3.6. Samples Analysis

Before adding BPA into the solutions containing liquid milk, orange juice, coffee, soybean milk and prepared juice, BPA in almost all these solutions was below the detection limit except that in the orange juice with a detectable BPA concentration of 1.7 µM (

Table 2. Determination results of BPA in real samples.
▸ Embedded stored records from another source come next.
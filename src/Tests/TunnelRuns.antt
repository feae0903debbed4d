-- ===== src/Tests/TunnelRuns.antt =====
-- A run of both ends over one connection.
use echo_proxy_core.Base.{
  ◌≡◌, refl, sym, subst, true, some, List, [], ◌∷◌, ◌++◌, arith, codes, take, drop,
}
use mathlib.Core.List.{Sublist}
use echo_proxy_core.Frame.{Frame, IsFrame, open_stream, open_ack, data_frame, close}
use echo_proxy_core.Tests.{succeeds, never}
use echo_proxy_core.Client.Pool.{socks}
use echo_proxy_core.Client.Pool.Owned.{Quiet}
use echo_proxy_core.Tunnel.Typed.{IsTyped}
use echo_proxy_core.Tunnel.EndToEnd.{run-start-end_to_end}
use echo_proxy_core.Tunnel.Finished.{run-answer_dropped}
use echo_proxy_core.Tunnel.{
  Tunnel, Event, spawned, moves, up_taken, down_taken, ack_sent, tcp_read, run, start,
}
use echo_proxy_core.Tunnel.Flow.{payloads_to, payloads_of}
use echo_proxy_core.Tunnel.Steps.{down, IsOpen}
use echo_proxy_core.Tunnel.Complete.{run-all_arrive}

abbrev move : Event
move = moves 0 succeeds

-- A SOCKS5 client opens a stream and sends, and the answer comes back.
abbrev one_request : List Event
one_request =
    spawned 1 (socks (some (codes "1.1.1.1:80")) (codes "ask" ∷ []))
    ∷ move
    ∷ move
    ∷ move
    ∷ move
    ∷ up_taken true
    ∷ ack_sent
    ∷ down_taken
    ∷ move
    ∷ move
    ∷ move
    ∷ move
    ∷ up_taken true
    ∷ tcp_read 1 (codes "answer")
    ∷ []

abbrev asked : Tunnel
asked = run never one_request start

abbrev one_exchange : List Event
one_exchange = one_request ++ down_taken ∷ []

-- The SOCKS5 client ends its side before the answer is there.
abbrev half_closed : Tunnel
half_closed = run never (one_request ++ move ∷ move ∷ move ∷ []) start

abbrev after_half_close : Tunnel
after_half_close = run never (down_taken ∷ []) half_closed

abbrev sent_by_client : List Frame
sent_by_client = open_stream 1 (codes "1.1.1.1:80") ∷ data_frame 1 (codes "ask") ∷ []

abbrev sent_by_server : List Frame
sent_by_server = open_ack 1 true ∷ data_frame 1 (codes "answer") ∷ []

one_exchange-sent :
    ((run never one_exchange start).sent_up ≡ sent_by_client)
    × ((run never one_exchange start).server.outbox ≡ sent_by_server)
    × IsOpen down 1 asked
    × (half_closed.pool.running ≡ [])
unfolding run start echo_proxy_core.Tunnel.step echo_proxy_core.Tunnel.take_down
    echo_proxy_core.Tunnel.take_up echo_proxy_core.Server.Session.step
    echo_proxy_core.Server.Session.start echo_proxy_core.Client.Pool.call_of
    echo_proxy_core.Client.Pool.step echo_proxy_core.Client.Pool.start
    echo_proxy_core.Client.Pool.handler echo_proxy_core.Client.Pool.perform
    echo_proxy_core.Client.Pool.advance
    echo_proxy_core.Client.Handlers.handle_socks_connection_resilient
    echo_proxy_core.Client.Handlers.handle_socks_via_mux
    echo_proxy_core.Client.Handlers.do_mux_relay echo_proxy_core.Client.Handlers.upload
    echo_proxy_core.Client.Conn.step echo_proxy_core.Client.Conn.new_conn
    echo_proxy_core.Client.Conn.receive echo_proxy_core.Client.Conn.dispatch
    echo_proxy_core.Client.Conn.resolve echo_proxy_core.Client.Conn.deliver
    echo_proxy_core.Frame.decode echo_proxy_core.Frame.encode echo_proxy_core.Text.Utf8.is_utf8
    echo_proxy_core.Server.Session.handle_open echo_proxy_core.Server.Ssrf.is_dest_allowed
    echo_proxy_core.Net.Parse.parse_ip echo_proxy_core.Net.Parse.read_ip_addr
    echo_proxy_core.Net.Parse.read_ipv4_addr echo_proxy_core.Net.Parse.octet
    echo_proxy_core.Server.Ssrf.dest_host echo_proxy_core.Text.rsplit_once
    echo_proxy_core.Text.trim_matches echo_proxy_core.Server.Ssrf.is_public_ip
    echo_proxy_core.Net.is_loopback echo_proxy_core.Net.is_private echo_proxy_core.Net.is_link_local
    echo_proxy_core.Net.is_unspecified echo_proxy_core.Frame.BigEndian.from_be_bytes
    echo_proxy_core.Frame.BigEndian.to_be_bytes echo_proxy_core.Net.Parse.digit_value
    echo_proxy_core.Net.Parse.read_given_char echo_proxy_core.Net.Parse.read_ipv6_addr
    echo_proxy_core.Net.Parse.read_number echo_proxy_core.Net.Parse.span_digits
    echo_proxy_core.Net.is_loopback_v6 echo_proxy_core.Net.is_multicast_v6
    echo_proxy_core.Net.is_unspecified_v6 echo_proxy_core.Server.Session.deliver
    echo_proxy_core.Server.Session.dispatch echo_proxy_core.Server.Session.finish_open
    echo_proxy_core.Server.Session.reader_turn echo_proxy_core.Server.Session.receive
    echo_proxy_core.Server.Session.relay_end echo_proxy_core.Server.Session.relay_read
    echo_proxy_core.Server.Session.send echo_proxy_core.Server.Session.stop_reading
    echo_proxy_core.Server.Session.unregister echo_proxy_core.Server.Session.without_id
    echo_proxy_core.Session.Table.empty echo_proxy_core.Session.Table.insert
    echo_proxy_core.Session.Table.lookup echo_proxy_core.Session.Table.remove
    echo_proxy_core.Session.close echo_proxy_core.Session.close_all echo_proxy_core.Session.new
    echo_proxy_core.Session.register echo_proxy_core.Session.route
    echo_proxy_core.Text.Utf8.utf8_step
one_exchange-sent = (refl, refl, (refl, refl), refl)

one_exchange-IsTyped : IsTyped one_exchange
unfolding echo_proxy_core.Text.Utf8.is_utf8 echo_proxy_core.Text.Utf8.utf8_step
one_exchange-IsTyped = ((omega arith, refl), tt)

one_request-IsTyped : IsTyped one_request
unfolding echo_proxy_core.Text.Utf8.is_utf8 echo_proxy_core.Text.Utf8.utf8_step
one_request-IsTyped = ((omega arith, refl), tt)

half_close-IsTyped : IsTyped (one_request ++ move ∷ move ∷ move ∷ [])
unfolding echo_proxy_core.Text.Utf8.is_utf8 echo_proxy_core.Text.Utf8.utf8_step
half_close-IsTyped = ((omega arith, refl), tt)

run-all_arrive_example :
    payloads_to 1 (run never (down_taken ∷ []) asked).pool.conn.delivered
    ≡ payloads_to 1 asked.pool.conn.delivered
      ++ payloads_of 1 (
          drop asked.taken_down (
            take
              (run never (down_taken ∷ []) asked).taken_down
              (run never (down_taken ∷ []) asked).server.outbox))
run-all_arrive_example =
    run-all_arrive never down 1 one_request (down_taken ∷ []) one_request-IsTyped tt
      (one_exchange-sent.2, tt)

run-start-end_to_end_example :
    Sublist (payloads_to 1 (run never one_exchange start).server.delivered) (codes "ask" ∷ [])
    × Sublist
        (payloads_to 1 (run never one_exchange start).pool.conn.delivered)
        (codes "answer" ∷ [])
run-start-end_to_end_example =
    run-start-end_to_end never 1 (socks (some (codes "1.1.1.1:80")) (codes "ask" ∷ [])) one_exchange
      refl one_exchange-IsTyped

run-answer_dropped_example :
    payloads_to 1 after_half_close.pool.conn.delivered
    ≡ payloads_to 1 half_closed.pool.conn.delivered
run-answer_dropped_example =
    run-answer_dropped never 1 (one_request ++ move ∷ move ∷ move ∷ []) (down_taken ∷ []) refl
      (subst (Quiet 1) (sym one_exchange-sent.3) tt) half_close-IsTyped tt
Sample	Added (µM)	Found (μM, n = 5)	RSD (%, n = 5)	Recovery (%)
Liquid milk	0	<LOD
	10	10.08 ± 0.243	2.40	100.8
	15	15.09 ± 0.067	0.45	100.6
	20	20.69 ± 0.361	1.18	103.5
Orange juice	0	1.7
	10	10.16 ± 0.102	1.00	101.6
	15	15.66 ± 0.523	3.34	104.4
	20	20.73 ± 0.264	1.27	103.7
Coffee	0	<LOD
	10	10.30 ± 0.282	2.75	103.0
	15	15.21 ± 0.212	1.39	101.4
	20	20.98 ± 0.552	2.62	104.9
Soybean milk	0	<LOD
	10	9.88 ± 0.145	1.47	98.8
	15	15.41 ± 0.260	1.68	102.7
	20	20.47 ± 0.250	1.25	102.4
Prepared juice	0	<LOD
	10	10.64 ± 0.306	2.87	106.4
	15	14.95 ± 0.342	2.29	99.8
	20	20.57 ± 0.291	1.42	102.9

). The detected BPA was further identified and quantified by using HPLC-LTQ-MS (Figure S2). Based on the identification of the standards, BPA was observed at a retention time of 7.8 min with the specific ions at m/z of 227 ([M-H]⁻), 211.9 ([M-H-CH₃]⁻) and 182.9 ([M-H-C₂H₄O]⁻) [41], and its concentration was about 1.8 µM. After spiking at three levels (10, 15 and 20 µM), BPA could be detected in all the solutions (Table 2). The recoveries ranged from 98% to 107%, and the calculated RSDs were all lower than 3%. These results indicated that the MoSe₂/rGO/GCE sensor could be a potential strategy for routine analysis of BPA, especially in some liquid samples [41].

4. Conclusions

In summary, a simple electrochemical sensor based on MoSe₂/rGO-modified GCE has been successfully fabricated for in situ determination of BPA in aqueous samples. Combined with the good conductivity of rGO and the positive catalysis of MoSe₂, the MoSe₂/rGO composites provided a favorable sensitivity for analyzing BPA. The prepared MoSe₂/rGO/GCE sensor displayed a wide linear range, low detection limit, good stability, repeatability, reproducibility and high recoveries. The good performance for in situ determination of BPA in real samples indicated that the MoSe₂/rGO/GCE sensor could be a potential strategy for routine analysis of BPA.